Amblyopia, if left untreated, can result in reading impairment (Kelly et al., 2015; Shankar et al., 2007; VIP-HIP Study Group, 2016), and in worst cases, blindness (Wong, 2012). Treatment for amblyopia is more effective if started before age 7 (Chen & Cotter, 2016; Holmes et al., 2011), making it critical to identify and treat amblyopia (and its risk factors) before age 7. Historically, the provincial Ontario Health Insurance Plan (OHIP) has paid for children’s eye exams by eye care professionals (i.e., optometrists and ophthalmologists). However, 35% of children born in 2010 (before public health mandated vision screening) never had an eye exam from birth to age 7, a proportion that rises to ~ 50% in children from low-income families (Asare et al., 2022). These findings suggest that eye care is under-utilized, and visual problems are undetected. Once under the care of an optometrist/ophthalmologist, children can receive treatments for amblyopia, such as patching the weaker eye or wearing glasses to send clear visual signals to the brain, and these treatments can reverse amblyopia (Chen & Cotter, 2016; Holmes et al., 2011). Anisometropia and high refractive are also risk factors for amblyopia, so treatment with glasses not only helps children see more clearly (which can aid reading; Roch-Levecq et al., 2008) but also prevents amblyopia from developing (Koo et al., 2017).

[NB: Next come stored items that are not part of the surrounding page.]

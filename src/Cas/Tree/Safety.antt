-- ===== src/Cas/Tree/Safety.antt =====
-- crates/jet-cas/src/tree.rs: what holds of every manifest that `Tree::decode` returns, whatever the
-- bytes it was given.
use jetrun.Prelude.{
  zero, suc, ◌-◌, ◌≤◌, ◌∙◌, Bool, [], ◌==◌, if◌then◌else◌, drop, length-take, length-drop, ◌>>=◌,
  ◌>>◌, refuse_if, Ensures-ok, slice, err, ◌+◌, ◌^◌, inl, inr, not, ◌&&◌, arith, ltb, leb,
  Bool-cases, Ensures, >>=-Ensures, refuse_if-Ensures, ℕ, ◌≡◌, true, false, length, All, Bytes, ok,
}
use jetrun.Cas.Name.{
  trailing_bytes, name_not_utf8, empty_symlink_target, unknown_tag, duplicate_name, TreeError,
  is_utf8, is_empty, bytes_cmp,
}
use jetrun.Cas.Tree.{
  is_exhausted, Tree, Node, file, dir, symlink, Reader, insert, decode_node, decode_entry,
  decode_entries, decode, take_bytes, u8, u16, u32, digest_len, tag_file, tag_dir, tag_symlink, u64,
  is_some, tree_format_version, remaining,
}
use jetrun.Cas.Tree.Sorted.{IsSorted, All-insert, insert-IsSorted}
use jetrun.Cas.Name.Order.{bytes_cmp-eq}
use jetrun.Cas.Name.Valid.{IsComponent, new-same, new-IsComponent}
use jetrun.Cas.Name as EntryName

-- A node has a digest of full length, or a target that is a text and not empty.
abbrev pub IsSound : Node → Type 0
IsSound (file digest size executable) = length digest ≡ digest_len
IsSound (dir digest) = length digest ≡ digest_len
IsSound (symlink target) = (is_utf8 target ≡ true) × (is_empty target ≡ false)

-- A manifest that is safe to write to disk: each entry is a path component, no two entries share a
-- name, and the nodes are sound.
pub record IsSafe (t : Tree) : Type 0 where
  pub components : All (λ e. IsComponent e.0) t
  pub texts : All (λ e. is_utf8 e.0 ≡ true) t
  pub sound : All (λ e. IsSound e.1) t
  pub sorted : IsSorted t

length-slice : (b : Bytes) (at n : ℕ) → at + n ≤ length b → length (slice b at (at + n)) ≡ n
length-slice b at n h =
    length-take (at + n - at) (drop at b) (omega (arith, length-drop at b)) ∙ omega arith

not-false : (b : Bool) → not b ≡ false → b ≡ true
not-false b h = ground arith

take_bytes-length :
    (n : ℕ) (r : Reader) → Ensures (λ (p : Bytes × Reader). length p.0 ≡ n) (take_bytes n r)
unfolding take_bytes
take_bytes-length n r = elim (Bool-cases (ltb (r.at + n) (2 ^ 64) && leb (r.at + n) (length r.b))) [
  | inl e ↦ rw e (length-slice r.b r.at n (ground arith))
  | inr e ↦ rw e tt
]

abbrev Sound : Node × Reader → Type 0
Sound p = IsSound p.0

abbrev Safe : Tree × Reader → Type 0
Safe p = IsSafe p.0

empty-IsSafe : IsSafe []
empty-IsSafe = record { components = tt; texts = tt; sound = tt; sorted = tt }

insert-IsSafe :
    (name : Bytes) (node : Node) (t : Tree)
    → is_utf8 name ≡ true
    → IsComponent name
    → IsSound node
    → IsSafe t
    → IsSafe (insert name node t).0
insert-IsSafe name node t hu hc hs s = record {
  components =
      All-insert (λ e. IsComponent e.0) name node t (λ k e. rw (← bytes_cmp-eq name k e) hc) hc
        s.components;
  texts =
      All-insert (λ e. is_utf8 e.0 ≡ true) name node t (λ k e. rw (← bytes_cmp-eq name k e) hu) hu
        s.texts;
  sound = All-insert (λ e. IsSound e.1) name node t (λ k e. hs) hs s.sound;
  sorted = insert-IsSorted name node t s.sorted;
}

-- The arms of `decode_node` for a directory and a symlink.
decode_link-IsSound :
    (t : ℕ) (r : Reader)
    → Ensures Sound (
        if t == tag_dir
        then (do (digest, r) ← take_bytes digest_len r; ok (dir digest, r))
        else if t == tag_symlink
        then (do
          (n, r) ← u16 r
          (target, r) ← take_bytes n r
          refuse_if (not (is_utf8 target)) name_not_utf8
          refuse_if (is_empty target) empty_symlink_target
          ok (symlink target, r))
        else err (unknown_tag t))
decode_link-IsSound t r = elim (Bool-cases (t == tag_dir)) [
  | inl e ↦ rw e (
      >>=-Ensures Sound (take_bytes digest_len r) _
        λ digest read. Ensures-ok _ _ (take_bytes-length digest_len r) digest read)
  | inr e ↦ rw e (elim (Bool-cases (t == tag_symlink)) [
    | inl e ↦ rw e (
        >>=-Ensures Sound (u16 r) _ λ n _. >>=-Ensures Sound (take_bytes n.0 n.1) _ λ target _.
          refuse_if-Ensures Sound (not (is_utf8 target.0)) _ _ λ utf8.
            refuse_if-Ensures Sound (is_empty target.0) empty_symlink_target
              (ok (symlink target.0, target.1)) λ nonempty. (not-false _ utf8, nonempty))
    | inr e ↦ rw e tt
  ])
]

decode_node-IsSound :
    (t : ℕ) (r : Reader) → Ensures (λ (p : Node × Reader). IsSound p.0) (decode_node t r)
unfolding decode_node
decode_node-IsSound t r = elim (Bool-cases (t == tag_file)) [
  | inl e ↦ rw e (
      >>=-Ensures Sound (take_bytes digest_len r) _ λ digest read.
        >>=-Ensures Sound (u64 digest.1) _ λ size _.
          >>=-Ensures Sound (u8 size.1) _
            λ flags _. Ensures-ok _ _ (take_bytes-length digest_len r) digest read)
  | inr e ↦ rw e (decode_link-IsSound t r)
]

decode_entry-IsSafe :
    (acc : Tree) (r : Reader)
    → IsSafe acc
    → Ensures (λ (p : Tree × Reader). IsSafe p.0) (decode_entry acc r)
unfolding decode_entry
decode_entry-IsSafe acc r s = >>=-Ensures Safe (u8 r) _ λ t _. >>=-Ensures Safe (u16 t.1) _ λ n _.
    >>=-Ensures Safe (take_bytes n.0 n.1) _ λ text _.
      refuse_if-Ensures Safe (not (is_utf8 text.0)) _ _ λ utf8.
        >>=-Ensures Safe (EntryName.new text.0) _ λ name valid.
          >>=-Ensures Safe (decode_node t.0 text.1) _ λ node read.
            let added = insert name node.0 acc in
            refuse_if-Ensures Safe (is_some added.1) (duplicate_name name) (ok (added.0, node.1))
              λ fresh.
                insert-IsSafe name node.0 acc (rw (new-same text.0 name valid) (not-false _ utf8))
                  (rw (← new-same text.0 name valid) at (new-IsComponent text.0 name valid))
                  (Ensures-ok _ _ (decode_node-IsSound t.0 text.1) node read) s

decode_entries-IsSafe :
    (count : ℕ) (acc : Tree) (r : Reader) → IsSafe acc → Ensures Safe (decode_entries count acc r)
unfolding decode_entries
decode_entries-IsSafe zero acc r s = s
decode_entries-IsSafe (suc count) acc r s =
    >>=-Ensures Safe (decode_entry acc r) _ λ p e.
      decode_entries-IsSafe count p.0 p.1 (Ensures-ok Safe _ (decode_entry-IsSafe acc r s) p e)

pub decode-Ensures : (bytes : Bytes) → Ensures IsSafe (decode bytes)
unfolding decode
decode-Ensures bytes = >>=-Ensures IsSafe (u16 (record { b = bytes; at = 0 })) _ λ version _.
    refuse_if-Ensures IsSafe (not (version.0 == tree_format_version)) _ _ λ _.
      >>=-Ensures IsSafe (u32 version.1) _ λ count _.
        refuse_if-Ensures IsSafe (ltb (remaining count.1) count.0) _ _ λ _.
          >>=-Ensures IsSafe (decode_entries count.0 [] count.1) _ λ p e.
            refuse_if-Ensures IsSafe (not (is_exhausted p.1)) (trailing_bytes (remaining p.1))
              (ok p.0)
              λ _. Ensures-ok Safe _ (decode_entries-IsSafe count.0 [] count.1 empty-IsSafe) p e

-- Whatever bytes it is given, a manifest that the decoder returns is safe to write to disk: every
-- name is a single path component of valid UTF-8, no name occurs twice, every digest has its full
-- length, and no symlink target is empty.
pub decode-IsSafe : (bytes : Bytes) (t : Tree) → decode bytes ≡ ok t → IsSafe t
decode-IsSafe bytes = Ensures-ok IsSafe (decode bytes) (decode-Ensures bytes)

Although universal screening appears to be a necessary first step in getting children into eye care, systematic reviews of the literature have not found conclusive evidence that vision screening is effective (Bennett & Maloney, 2017; Jonas et al., 2017; Public Health Ontario, 2016), mainly because the findings are correlational and observational or lack random assignment to a “no screening” control group. Despite this evidentiary gap, a precautionary approach has led organizations, including the Canadian Association of Optometrists, the Canadian Ophthalmological Society (Delpero et al., 2019), the World Health Organization (WHO Press, 2007), the American Association for Pediatric Ophthalmology and Strabismus (AAPOS, 2022), the US Preventive Services Task Force (US Preventive Services Task Force, 2017), and the Canadian Paediatric Society (Amit et al., 2009), to recommend vision screening for children aged 3‒5 years. Therefore, in 2018, Ontario modified its public health standards to mandate vision screening for children in senior kindergarten (i.e., children turning 5 that calendar year). Such a screening program identifies children who are at risk for visual problems who should be referred to an optometrist/ophthalmologist. From a public health perspective, the assumption is that parents will receive the referral letter and then follow up with eye care professionals to ensure their children receive treatment. It is unclear to what extent parents will follow up, and a further complication with the Ontario model is that OHIP covers the cost of eye exams, but not the cost of glasses (the most common treatment).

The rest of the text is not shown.